## [EXERCISE OBJECTIVE]
Return the records verbatim.

##############################

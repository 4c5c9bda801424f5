-- ===== src/VirtualChain/Visits.antt =====
-- What the entries of one transaction do to the variables of `handle_accepted_block`'s loops.
use local_rusty_indexer_poc.Prelude.{
  ℕ, ◌≡◌, refl, ◌∙◌, subst, not, ◌==◌, Bool, true, false, Option, none, some, List, [], ◌∷◌,
  is_empty, Result, ok, ◌>>=◌, >>=-eq-ok, for_each_ok, ok-injective, if◌then◌else◌, Bool-cases, inl,
  inr,
}
use local_rusty_indexer_poc.Bytes.{Bytes, ◌=ᵇ◌}
use local_rusty_indexer_poc.Store.{Fjall}
use local_rusty_indexer_poc.Keys.Layout.{slice, byte_at}
use local_rusty_indexer_poc.Keys.{handshake_from_bytes, contextual_from_bytes, payment_from_bytes}
use local_rusty_indexer_poc.Processing.{
  as_u8, handshake_by_sender, contextual_message_by_sender, payment_by_sender,
}
use local_rusty_indexer_poc.Processing.Acceptance.{
  AcceptingBlockResolutionData, handshake_key, contextual_message_key, payment_key, no_data,
}
use local_rusty_indexer_poc.VirtualChain.Accept.{Accepting, assert, accept_data, accept_entry}

module _ (db : Fjall) where
  -- with a known score the collected entries stay
  abbrev pub EntriesKept : Option ℕ → Bytes → Bytes → Type 0
  EntriesKept none before after = Unit {0}
  EntriesKept (some score) before after = after ≡ before

  record Keeps (daa : Option ℕ) (s s' : Accepting db) : Type 0 where
    unknown : s'.unknown_tx_ids ≡ s.unknown_tx_ids
    required : s'.is_required ≡ s.is_required
    entries : EntriesKept daa s.entries s'.entries

  asserted :
      {A : Type 0} (c : Bool) (m : Result A) (f : A → Accepting db) (P : Accepting db → Type 0)
      (s' : Accepting db)
      → ((a : A) → P (f a))
      → (assert c >>= λ _. m >>= λ a. ok (f a)) ≡ ok s'
      → P s'
  asserted c m f P s' p h =
      let (_, _, checked) = >>=-eq-ok (assert c) (λ _. m >>= λ a. ok (f a)) h in
      let (a, _, last) = >>=-eq-ok m (λ a. ok (f a)) checked in subst P (ok-injective last) (p a)

  accept_data-Keeps :
      (hash : Bytes) (daa : Option ℕ) (tx_id key : Bytes)
      (resolution : AcceptingBlockResolutionData) (s s' : Accepting db)
      → accept_data db hash daa tx_id key resolution s ≡ ok s'
      → Keeps daa s s'
  unfolding accept_data
  accept_data-Keeps hash none tx_id key (handshake_key b) s s' h =
      asserted (byte_at 72 key == as_u8 handshake_by_sender) (handshake_from_bytes b) _
        (Keeps none s) s' (λ a. record { unknown = refl; required = refl; entries = tt }) h
  accept_data-Keeps hash (some n) tx_id key (handshake_key b) s s' h =
      asserted (byte_at 72 key == as_u8 handshake_by_sender) (handshake_from_bytes b) _
        (Keeps (some n) s) s' (λ a. record { unknown = refl; required = refl; entries = refl }) h
  accept_data-Keeps hash none tx_id key (contextual_message_key b) s s' h =
      asserted (byte_at 72 key == as_u8 contextual_message_by_sender) (contextual_from_bytes b) _
        (Keeps none s) s' (λ a. record { unknown = refl; required = refl; entries = tt }) h
  accept_data-Keeps hash (some n) tx_id key (contextual_message_key b) s s' h =
      asserted (byte_at 72 key == as_u8 contextual_message_by_sender) (contextual_from_bytes b) _
        (Keeps (some n) s) s' (λ a. record { unknown = refl; required = refl; entries = refl }) h
  accept_data-Keeps hash none tx_id key (payment_key b) s s' h =
      asserted (byte_at 72 key == as_u8 payment_by_sender) (payment_from_bytes b) _ (Keeps none s)
        s' (λ a. record { unknown = refl; required = refl; entries = tt }) h
  accept_data-Keeps hash (some n) tx_id key (payment_key b) s s' h =
      asserted (byte_at 72 key == as_u8 payment_by_sender) (payment_from_bytes b) _
        (Keeps (some n) s) s' (λ a. record { unknown = refl; required = refl; entries = refl }) h
  accept_data-Keeps hash none tx_id key no_data s s' h =
      subst (Keeps none s) (ok-injective h)
        (record { unknown = refl; required = refl; entries = tt })
  accept_data-Keeps hash (some n) tx_id key no_data s s' h =
      subst (Keeps (some n) s) (ok-injective h)
        (record { unknown = refl; required = refl; entries = refl })

  -- after entries: the id is required if it was, or if there was any entry
  pub record Visited (daa : Option ℕ) (found : Bool) (s s' : Accepting db) : Type 0 where
    pub unknown : s'.unknown_tx_ids ≡ s.unknown_tx_ids
    pub required : s'.is_required ≡ (if found then true else s.is_required)
    pub entries : EntriesKept daa s.entries s'.entries

  pub EntriesKept-trans :
      (daa : Option ℕ) (a b c : Bytes)
      → EntriesKept daa a b
      → EntriesKept daa b c
      → EntriesKept daa a c
  EntriesKept-trans none a b c h k = tt
  EntriesKept-trans (some n) a b c h k = k ∙ h

  pub EntriesKept-refl : (daa : Option ℕ) (a : Bytes) → EntriesKept daa a a
  EntriesKept-refl none a = tt
  EntriesKept-refl (some n) a = refl

  accept_entry-Visited :
      (hash : Bytes) (daa : Option ℕ) (tx_id : Bytes) (entry : Bytes × AcceptingBlockResolutionData)
      (s s' : Accepting db)
      → accept_entry db hash daa tx_id entry s ≡ ok s'
      → Visited daa true s s'
  unfolding accept_entry
  accept_entry-Visited hash daa tx_id (key, resolution) s s' h =
      let (_, _, ran) = >>=-eq-ok (assert (tx_id =ᵇ slice 0 32 key)) _ h in
      let k =
        accept_data-Keeps hash daa tx_id key resolution (record s { is_required = true }) s' ran in
      record { unknown = k.unknown; required = k.required; entries = k.entries }

  pub accept_entries-Visited :
      (hash : Bytes) (daa : Option ℕ) (tx_id : Bytes)
      (entries : List (Result (Bytes × AcceptingBlockResolutionData))) (s s' : Accepting db)
      → for_each_ok (accept_entry db hash daa tx_id) entries s ≡ ok s'
      → Visited daa (not (is_empty entries)) s s'
  unfolding for_each_ok
  accept_entries-Visited hash daa tx_id [] s s' h =
      subst (Visited daa false s) (ok-injective h)
        (record { unknown = refl; required = refl; entries = EntriesKept-refl daa s.entries })
  accept_entries-Visited hash daa tx_id (entry ∷ entries) s s' h =
      let (x, _, ran) = >>=-eq-ok entry _ h in
      let (s1, first, later) = >>=-eq-ok (accept_entry db hash daa tx_id x s) _ ran in
      let v = accept_entry-Visited hash daa tx_id x s s1 first in
      let w = accept_entries-Visited hash daa tx_id entries s1 s' later in
      record {
        unknown = w.unknown ∙ v.unknown;
        required =
            w.required
            ∙ rw v.required
                (elim (Bool-cases (is_empty entries)) [ inl e ↦ rw e refl | inr e ↦ rw e refl ]);
        entries = EntriesKept-trans daa s.entries s1.entries s'.entries v.entries w.entries;
      }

##############################

## [SOLUTION BELOW]
repository 4c5c9bda801424f5
-- ===== src/VirtualChain/Visits.antt =====
-- What the entries of one transaction do to the variables of `handle_accepted_block`'s loops.
use local_rusty_indexer_poc.Prelude.{
  ℕ, ◌≡◌, refl, ◌∙◌, subst, not, ◌==◌, Bool, true, false, Option, none, some, List, [], ◌∷◌,
  is_empty, Result, ok, ◌>>=◌, >>=-eq-ok, for_each_ok, ok-injective, if◌then◌else◌, Bool-cases, inl,
  inr,
}
use local_rusty_indexer_poc.Bytes.{Bytes, ◌=ᵇ◌}
use local_rusty_indexer_poc.Store.{Fjall}
use local_rusty_indexer_poc.Keys.Layout.{slice, byte_at}
use local_rusty_indexer_poc.Keys.{handshake_from_bytes, contextual_from_bytes, payment_from_bytes}
use local_rusty_indexer_poc.Processing.{
  as_u8, handshake_by_sender, contextual_message_by_sender, payment_by_sender,
}
use local_rusty_indexer_poc.Processing.Acceptance.{
  AcceptingBlockResolutionData, handshake_key, contextual_message_key, payment_key, no_data,
}
use local_rusty_indexer_poc.VirtualChain.Accept.{Accepting, assert, accept_data, accept_entry}

module _ (db : Fjall) where
  -- with a known score the collected entries stay
  abbrev pub EntriesKept : Option ℕ → Bytes → Bytes → Type 0
  EntriesKept none before after = Unit {0}
  EntriesKept (some score) before after = after ≡ before

  record Keeps (daa : Option ℕ) (s s' : Accepting db) : Type 0 where
    unknown : s'.unknown_tx_ids ≡ s.unknown_tx_ids
    required : s'.is_required ≡ s.is_required
    entries : EntriesKept daa s.entries s'.entries

  asserted :
      {A : Type 0} (c : Bool) (m : Result A) (f : A → Accepting db) (P : Accepting db → Type 0)
      (s' : Accepting db)
      → ((a : A) → P (f a))
      → (assert c >>= λ _. m >>= λ a. ok (f a)) ≡ ok s'
      → P s'
  asserted c m f P s' p h =
      let (_, _, checked) = >>=-eq-ok (assert c) (λ _. m >>= λ a. ok (f a)) h in
      let (a, _, last) = >>=-eq-ok m (λ a. ok (f a)) checked in subst P (ok-injective last) (p a)

  accept_data-Keeps :
      (hash : Bytes) (daa : Option ℕ) (tx_id key : Bytes)
      (resolution : AcceptingBlockResolutionData) (s s' : Accepting db)
      → accept_data db hash daa tx_id key resolution s ≡ ok s'
      → Keeps daa s s'
  unfolding accept_data
  accept_data-Keeps hash none tx_id key (handshake_key b) s s' h =
      asserted (byte_at 72 key == as_u8 handshake_by_sender) (handshake_from_bytes b) _
        (Keeps none s) s' (λ a. record { unknown = refl; required = refl; entries = tt }) h
  accept_data-Keeps hash (some n) tx_id key (handshake_key b) s s' h =
      asserted (byte_at 72 key == as_u8 handshake_by_sender) (handshake_from_bytes b) _
        (Keeps (some n) s) s' (λ a. record { unknown = refl; required = refl; entries = refl }) h
  accept_data-Keeps hash none tx_id key (contextual_message_key b) s s' h =
      asserted (byte_at 72 key == as_u8 contextual_message_by_sender) (contextual_from_bytes b) _
        (Keeps none s) s' (λ a. record { unknown = refl; required = refl; entries = tt }) h
  accept_data-Keeps hash (some n) tx_id key (contextual_message_key b) s s' h =
      asserted (byte_at 72 key == as_u8 contextual_message_by_sender) (contextual_from_bytes b) _
        (Keeps (some n) s) s' (λ a. record { unknown = refl; required = refl; entries = refl }) h
  accept_data-Keeps hash none tx_id key (payment_key b) s s' h =
      asserted (byte_at 72 key == as_u8 payment_by_sender) (payment_from_bytes b) _ (Keeps none s)
        s' (λ a. record { unknown = refl; required = refl; entries = tt }) h
  accept_data-Keeps hash (some n) tx_id key (payment_key b) s s' h =
      asserted (byte_at 72 key == as_u8 payment_by_sender) (payment_from_bytes b) _
        (Keeps (some n) s) s' (λ a. record { unknown = refl; required = refl; entries = refl }) h
  accept_data-Keeps hash none tx_id key no_data s s' h =
      subst (Keeps none s) (ok-injective h)
        (record { unknown = refl; required = refl; entries = tt })
  accept_data-Keeps hash (some n) tx_id key no_data s s' h =
      subst (Keeps (some n) s) (ok-injective h)
        (record { unknown = refl; required = refl; entries = refl })

  -- after entries: the id is required if it was, or if there was any entry
  pub record Visited (daa : Option ℕ) (found : Bool) (s s' : Accepting db) : Type 0 where
    pub unknown : s'.unknown_tx_ids ≡ s.unknown_tx_ids
    pub required : s'.is_required ≡ (if found then true else s.is_required)
    pub entries : EntriesKept daa s.entries s'.entries

  pub EntriesKept-trans :
      (daa : Option ℕ) (a b c : Bytes)
      → EntriesKept daa a b
      → EntriesKept daa b c
      → EntriesKept daa a c
  EntriesKept-trans none a b c h k = tt
  EntriesKept-trans (some n) a b c h k = k ∙ h

  pub EntriesKept-refl : (daa : Option ℕ) (a : Bytes) → EntriesKept daa a a
  EntriesKept-refl none a = tt
  EntriesKept-refl (some n) a = refl

  accept_entry-Visited :
      (hash : Bytes) (daa : Option ℕ) (tx_id : Bytes) (entry : Bytes × AcceptingBlockResolutionData)
      (s s' : Accepting db)
      → accept_entry db hash daa tx_id entry s ≡ ok s'
      → Visited daa true s s'
  unfolding accept_entry
  accept_entry-Visited hash daa tx_id (key, resolution) s s' h =
      let (_, _, ran) = >>=-eq-ok (assert (tx_id =ᵇ slice 0 32 key)) _ h in
      let k =
        accept_data-Keeps hash daa tx_id key resolution (record s { is_required = true }) s' ran in
      record { unknown = k.unknown; required = k.required; entries = k.entries }

  pub accept_entries-Visited :
      (hash : Bytes) (daa : Option ℕ) (tx_id : Bytes)
      (entries : List (Result (Bytes × AcceptingBlockResolutionData))) (s s' : Accepting db)
      → for_each_ok (accept_entry db hash daa tx_id) entries s ≡ ok s'
      → Visited daa (not (is_empty entries)) s s'
  unfolding for_each_ok
  accept_entries-Visited hash daa tx_id [] s s' h =
      subst (Visited daa false s) (ok-injective h)
        (record { unknown = refl; required = refl; entries = EntriesKept-refl daa s.entries })
  accept_entries-Visited hash daa tx_id (entry ∷ entries) s s' h =
      let (x, _, ran) = >>=-eq-ok entry _ h in
      let (s1, first, later) = >>=-eq-ok (accept_entry db hash daa tx_id x s) _ ran in
      let v = accept_entry-Visited hash daa tx_id x s s1 first in
      let w = accept_entries-Visited hash daa tx_id entries s1 s' later in
      record {
        unknown = w.unknown ∙ v.unknown;
        required =
            w.required
            ∙ rw v.required
                (elim (Bool-cases (is_empty entries)) [ inl e ↦ rw e refl | inr e ↦ rw e refl ]);
        entries = EntriesKept-trans daa s.entries s1.entries s'.entries v.entries w.entries;
      }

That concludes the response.